» **EXTRACTED MATERIAL**
-- ===== src/MessageQueue/Counting.antt =====
-- Lab23/main.c: the queue under counting semaphores. `isEmpty` counts free places, `isFull`
-- messages, and `global` is a lock: what a call does between its wait for `global` and its post
-- is one step. The queue pointer is not NULL.
pub mod Balance
pub mod Sections
mod Tests
use os_posix.Prelude.{
  ℕ, zero, suc, ◌+◌, ◌≡◌, Bool, true, false, Option, none, some, List, [], ◌∷◌, ◌==◌, if◌then◌else◌,
  take,
}
use os_posix.MessageQueue.Cells.{Ptr, null, Text, Message, Heap, load, set_next, on_message}
use os_posix.MessageQueue.Cells.Chain.{IsFresh}
use os_posix.MessageQueue.Broadcast.{link, width}

pub record Queue : Type 0 where
  pub heap : Heap
  pub head : Ptr
  pub tail : Ptr
  pub is_droped : Bool

abbrev pub places : ℕ
places = 10

unfoldable pub mymsginit : Heap → Queue
mymsginit h = record { heap = h; head = null; tail = null; is_droped = false }

abbrev pub then_some : {A B : Type 0} → Option A → (A → Option B) → Option B
then_some none k = none
then_some (some a) k = k a

-- The new message, at `f`, becomes the head; the lines are those of Lab24.
unfoldable pub put_section : Ptr → Text → Queue → Option Queue
put_section f msg q =
    then_some (link q.heap f q.head (take width msg))
      λ h. some (record q { heap = h; head = f; tail = if q.head == null then f else q.tail })

-- The queue without its last message. `none` is a read through NULL or of no message.
unfoldable pub unlink : Queue → Option Queue
unlink q =
    if q.head == q.tail
    then some (record q { head = null; tail = null })
    else then_some (load q.heap q.tail) λ m.
      then_some (set_next q.heap m.prev null) λ h. some (record q { heap = h; tail = m.prev })

-- The last message, and the bytes that the buffer gets of it. The message is never freed.
unfoldable pub get_section : ℕ → Queue → Option (Queue × Text)
get_section size q =
    then_some (unlink q) λ q'. then_some (load q'.heap q.tail) λ m. some (q', take size m.text)

-- The semaphores, and how many threads are past the wait for `isEmpty` in `mymsgput`, before the
-- post of `isFull`, past the wait for `isFull` in `mymsgget`, and before the post of `isEmpty`.
pub record System : Type 0 where
  pub queue : Queue
  pub empty : ℕ
  pub full : ℕ
  pub putting : ℕ
  pub posting_full : ℕ
  pub getting : ℕ
  pub posting_empty : ℕ

abbrev pub start : Heap → System
start h = record {
  queue = mymsginit h;
  empty = places;
  full = 0;
  putting = 0;
  posting_full = 0;
  getting = 0;
  posting_empty = 0;
}

-- `mymsqdrop` marks the queue and posts both semaphores.
abbrev pub mymsqdrop : System → System
mymsqdrop s = record s {
  queue = record s.queue { is_droped = true };
  empty = s.empty + 1;
  full = s.full + 1;
}

-- The steps of `mymsgput`, of `mymsgget` and of `mymsqdrop`. A call that finds the queue dropped
-- posts the semaphore it waited for.
pub data Step (s : System) : System → Type 0 where
  put_wait : (n : ℕ) → s.empty ≡ suc n → Step s (record s { empty = n; putting = s.putting + 1 })
  put_refused :
      (n : ℕ)
      → s.putting ≡ suc n
      → s.queue.is_droped ≡ true
      → Step s (record s { putting = n; posting_empty = s.posting_empty + 1 })
  put :
      (n : ℕ) (f : Ptr) (msg : Text) (q : Queue)
      → s.putting ≡ suc n
      → s.queue.is_droped ≡ false
      → IsFresh s.queue.heap f
      → put_section f msg s.queue ≡ some q
      → Step s (record s { queue = q; putting = n; posting_full = s.posting_full + 1 })
  put_post :
      (n : ℕ) → s.posting_full ≡ suc n → Step s (record s { posting_full = n; full = s.full + 1 })
  get_wait : (n : ℕ) → s.full ≡ suc n → Step s (record s { full = n; getting = s.getting + 1 })
  get_refused :
      (n : ℕ)
      → s.getting ≡ suc n
      → s.queue.is_droped ≡ true
      → Step s (record s { getting = n; posting_full = s.posting_full + 1 })
  get :
      (n size : ℕ) (q : Queue) (t : Text)
      → s.getting ≡ suc n
      → s.queue.is_droped ≡ false
      → get_section size s.queue ≡ some (q, t)
      → Step s (record s { queue = q; getting = n; posting_empty = s.posting_empty + 1 })
  get_post :
      (n : ℕ)
      → s.posting_empty ≡ suc n
      → Step s (record s { posting_empty = n; empty = s.empty + 1 })
  drop : Step s (mymsqdrop s)

pub data Reachable (h : Heap) : System → Type 0 where
  begins : Reachable h (start h)
  steps : {s s' : System} → Reachable h s → Step s s' → Reachable h s'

» **EXERCISE DETAILS**
Return, exactly as written, the "pub data Reachable" line and each line after it through the end of the listing above.

» **EXPECTED OUTPUT**
pub data Reachable (h : Heap) : System → Type 0 where
  begins : Reachable h (start h)
  steps : {s s' : System} → Reachable h s → Step s s' → Reachable h s'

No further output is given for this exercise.